Nonetheless, the work is limited to a static in vitro digestion model, which cannot fully replicate the complexity of human gastrointestinal conditions. Moreover, the matrices were laboratory-simulated rather than factory-collected, and potential process-related differences were not evaluated. In addition, the study evaluated solely the soluble fraction, while insoluble bound phenolics were not considered, although their release during digestion could substantially contribute to the observed outcomes. Furthermore, only selected NADES formulations were assessed; the effects of solvent composition (including water content), solid-to-liquid ratio, temperature/time, and other process parameters warrant further optimization.
Future research should employ dynamic digestion systems, conduct in vivo validation, and advance pilot-scale trials to evaluate stability, safety, food-grade compliance, sensory and technological performance in real matrices, and solvent recyclability/reuse. In parallel, NADES should be assessed as mixtures, with measurement of residual solvent levels in the final product, basic cytotoxicity screening, and verification of compliance with applicable regulatory limits. From an application standpoint, the solvent components used here (choline chloride paired with organic acids or sugars) are commercially available in food-compatible grades. The feasibility of scale-up will depend primarily on viscosity control, the solid-to-liquid ratio, and operation at moderate temperatures. These parameters should be verified at pilot-scale together with solvent recovery and reuse. A focused techno-economic assessment is warranted to quantify costs and delineate the required unit operations.

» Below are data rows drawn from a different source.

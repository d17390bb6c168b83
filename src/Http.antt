-- ===== src/Http.antt =====
-- HTTP: pink/src/http_conn.cc.
pub mod Fields
pub mod Head
pub mod Query
pub mod Response
pub mod Request
pub mod Reading
mod Tests
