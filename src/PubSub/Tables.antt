-- ===== src/PubSub/Tables.antt =====
-- `std::map<std::string, std::vector<std::shared_ptr<PinkConn>>>`, as a list sorted by its keys, and
-- the calls of <algorithm> on its vectors.
use pink.Base.{
  ℕ, ◌≡◌, Bool, true, false, ◌&&◌, List, [], ◌∷◌, Option, none, some, ltb, ◌==◌, if◌then◌else◌, ◌↔◌,
  arith,
}

abbrev pub Bytes : Type 0
Bytes = List ℕ

abbrev pub Table : Type 0
Table = List (Bytes × List ℕ)

unfoldable pub same : Bytes → Bytes → Bool
same [] [] = true
same (x ∷ xs) (y ∷ ys) = x == y && same xs ys
same _ _ = false

-- `operator<` of strings.
unfoldable pub before : Bytes → Bytes → Bool
before xs [] = false
before [] (y ∷ ys) = true
before (x ∷ xs) (y ∷ ys) = if x == y then before xs ys else ltb x y

unfoldable pub find : Bytes → Table → Option (List ℕ)
unfolding same
find k [] = none
find k ((j, v) ∷ m) = if same j k then some v else find k m

-- A new key, in its place.
unfoldable pub insert : Bytes → List ℕ → Table → Table
unfolding before
insert k v [] = (k, v) ∷ []
insert k v ((j, w) ∷ m) = if before k j then (k, v) ∷ (j, w) ∷ m else (j, w) ∷ insert k v m

-- A vector that is there is written to.
unfoldable pub update : Bytes → List ℕ → Table → Table
unfolding same
update k v [] = []
update k v ((j, w) ∷ m) = if same j k then (j, v) ∷ m else (j, w) ∷ update k v m

-- `std::find(…) != end()`.
unfoldable pub find_conn : ℕ → List ℕ → Bool
find_conn c [] = false
find_conn c (x ∷ xs) = if x == c then true else find_conn c xs

unfoldable pub erase_first : ℕ → List ℕ → List ℕ
erase_first c [] = []
erase_first c (x ∷ xs) = if x == c then xs else x ∷ erase_first c xs

-- `v.erase(std::remove(…), v.end())`.
unfoldable pub remove_all : ℕ → List ℕ → List ℕ
remove_all c [] = []
remove_all c (x ∷ xs) = let rest = remove_all c xs in if x == c then rest else x ∷ rest

pub same_iff : (a b : Bytes) → (same a b ≡ true) ↔ (a ≡ b)
unfolding same
same_iff (x ∷ a) (y ∷ b) = ground (arith, same_iff a b)
same_iff _ _ = ground arith
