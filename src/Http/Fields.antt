-- ===== src/Http/Fields.antt =====
-- `std::map<std::string, std::string>` in pink/src/http_conn.cc, as a list sorted by its keys.
use pink.Base.{
  ◌≡◌, refl, ap, ◌∙◌, true, false, List, [], ◌∷◌, Option, none, some, if◌then◌else◌, inl, inr,
  Bool-cases,
}
use pink.PubSub.Tables.{Bytes, same, before, same_iff}

abbrev pub Fields : Type 0
Fields = List (Bytes × Bytes)

-- `fields[key] = value`.
unfoldable pub set_field : Bytes → Bytes → Fields → Fields
set_field k v [] = (k, v) ∷ []
set_field k v ((j, w) ∷ fs) =
    let later = set_field k v fs in
    if same j k then (k, v) ∷ fs else if before k j then (k, v) ∷ (j, w) ∷ fs else (j, w) ∷ later

-- `count` and `at`.
unfoldable pub field? : Bytes → Fields → Option Bytes
field? k [] = none
field? k ((j, w) ∷ fs) = if same j k then some w else field? k fs

pub same_refl : (k : Bytes) → same k k ≡ true
same_refl k = (same_iff k k).1 refl

pub field?-set_field : (k v : Bytes) (fs : Fields) → field? k (set_field k v fs) ≡ some v
unfolding field? set_field
field?-set_field k v [] = rw (same_refl k) refl
field?-set_field k v ((j, w) ∷ fs) = elim (Bool-cases (same j k)) [
  | inl e ↦ rw (e, same_refl k) refl
  | inr e ↦ elim (Bool-cases (before k j)) [
    | inl b ↦ rw (e, b, same_refl k) refl
    | inr b ↦ rw (e, b, e) (field?-set_field k v fs)
  ]
]

pub field?-set_other :
    (k l v : Bytes) (fs : Fields) → same k l ≡ false → field? l (set_field k v fs) ≡ field? l fs
unfolding field? set_field
field?-set_other k l v [] h = rw h refl
field?-set_other k l v ((j, w) ∷ fs) h = elim (Bool-cases (same j k)) [
  | inl e ↦
      let j_is : j ≡ k = (same_iff j k).0 e in
      let other : same j l ≡ false = ap (λ x. same x l) j_is ∙ h in rw (e, h, other) refl
  | inr e ↦ elim (Bool-cases (before k j)) [
    | inl b ↦ rw (e, b, h) refl
    | inr b ↦ rw (e, b) (ap (λ x. if same j l then some w else x) (field?-set_other k l v fs h))
  ]
]
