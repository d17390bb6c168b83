-- ===== src/Http/Head.antt =====
-- The head of a request in pink/src/http_conn.cc: `find_lf`, `ParseHeadLine` and the lines of `ParseHeader`.
-- `StringToLower` of slash is a parameter.
pub mod Chars
pub mod Lines
use pink.Base.{
  ℕ, zero, suc, ◌+◌, ◌-◌, Bool, true, false, ◌&&◌, ◌||◌, List, [], ◌∷◌, ◌++◌, Option, none, some,
  ltb, leb, ◌==◌, if◌then◌else◌, length, take, drop, not,
}
use mathlib.Core.Option
use pink.PubSub.Tables.{Bytes}
use pink.Http.Fields.{Fields, set_field, field?}

-- `RequestParserStatus`.
pub data RequestParserStatus : Type 0 where
  header_method header_path header_version header_param_key header_param_value : RequestParserStatus

-- The fields of `HTTPRequest` that the parser of the head fills.
pub record Head : Type 0 where
  pub method : Bytes
  pub url : Bytes
  pub version : Bytes
  pub headers : Fields
  pub parse_status : RequestParserStatus

abbrev pub new_head : Head
new_head = record {
  method = [];
  url = [];
  version = [];
  headers = [];
  parse_status = header_method;
}

-- The number of bytes before the first '\n' of the first `size`.
unfoldable pub find_lf : Bytes → ℕ → ℕ
find_lf buf zero = 0
find_lf [] (suc size) = suc size
find_lf (c ∷ buf) (suc size) = let later = suc (find_lf buf size) in if c == 10 then 0 else later

-- `strstr(rbuf_, "\r\n\r\n")`: a 0 ends the text.
unfoldable pub is_separator : Bytes → Bool
is_separator (a ∷ b ∷ c ∷ d ∷ s) = a == 13 && b == 10 && c == 13 && d == 10
is_separator s = false

unfoldable pub find_separator : Bytes → Option ℕ
find_separator [] = none
find_separator (c ∷ s) =
    let later = Option.map suc (find_separator s) in
    if is_separator (c ∷ s) then some 0 else if c == 0 then none else later

-- `param_key` and `param_value` live as long as the line.
pub record Line : Type 0 where
  pub head : Head
  pub param_key : Bytes
  pub param_value : Bytes

module _ (string_to_lower : Bytes → Bytes) where
  -- The switch of `ParseHeadLine` on one byte.
  unfoldable pub parse_char : ℕ → Line → Line
  parse_char c l =
      let h = l.head in
      elim h.parse_status [
        | header_method ↦
            if not (c == b' ')
            then record l { head = record h { method = h.method ++ c ∷ [] } }
            else record l { head = record h { parse_status = header_path } }
        | header_path ↦
            if not (c == b' ')
            then record l { head = record h { url = h.url ++ c ∷ [] } }
            else record l { head = record h { parse_status = header_version } }
        | header_version ↦
            if not (c == 13) && not (c == 10)
            then record l { head = record h { version = h.version ++ c ∷ [] } }
            else if c == 10
            then record l { head = record h { parse_status = header_param_key } }
            else l
        | header_param_key ↦
            if not (c == b':') && not (c == b' ')
            then record l { param_key = l.param_key ++ c ∷ [] }
            else if c == b' '
            then record l { head = record h { parse_status = header_param_value } }
            else l
        | header_param_value ↦
            if not (c == 13) && not (c == 10)
            then record l { param_value = l.param_value ++ c ∷ [] }
            else if c == 13
            then record l {
              head = record h {
                headers = set_field (string_to_lower l.param_key) l.param_value h.headers;
                parse_status = header_param_key;
              };
            }
            else l
      ]

  unfoldable pub parse_chars : Bytes → Line → Line
  parse_chars [] l = l
  parse_chars (c ∷ s) l = parse_chars s (parse_char c l)

  -- `ParseHeadLine`, which never returns false: each state is one of the five.
  unfoldable pub parse_head_line : Bytes → Head → Head
  parse_head_line s h = (parse_chars s (record { head = h; param_key = []; param_value = [] })).head

  -- The loop of `ParseHeader` on what is behind `line_start`, with fuel.
  unfoldable pub parse_lines : ℕ → Bytes → ℕ → Head → Head
  parse_lines zero buf remain_size h = h
  parse_lines (suc fuel) buf remain_size h =
      let line_size = find_lf buf remain_size + 1 in
      if ltb 4 remain_size
      then parse_lines fuel (drop line_size buf) (remain_size - line_size)
          (parse_head_line (take line_size buf) h)
      else h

Overall, the findings indicate that quince by-products are suitable raw materials and that ChCl-based NADES can be used to obtain phenolic ingredients for incorporation into food matrices. From a process point of view, choosing between ChCl-based NADES and 70% ethanol should be based on clear technical and economic factors: solvent cost and potential for reuse, viscosity and the energy needed to handle it, achievable extract concentration, and waste management. In this regard, large-scale adoption of NADES will likely depend on closed-loop solvent recovery/reuse and a demonstrable cost–benefit advantage over ethanol, as highlighted in techno-economic assessments of bio-based processes. To place the reported extraction gains in context, future work should therefore combine bioefficacy data with solvent-recycling metrics and life-cycle analysis.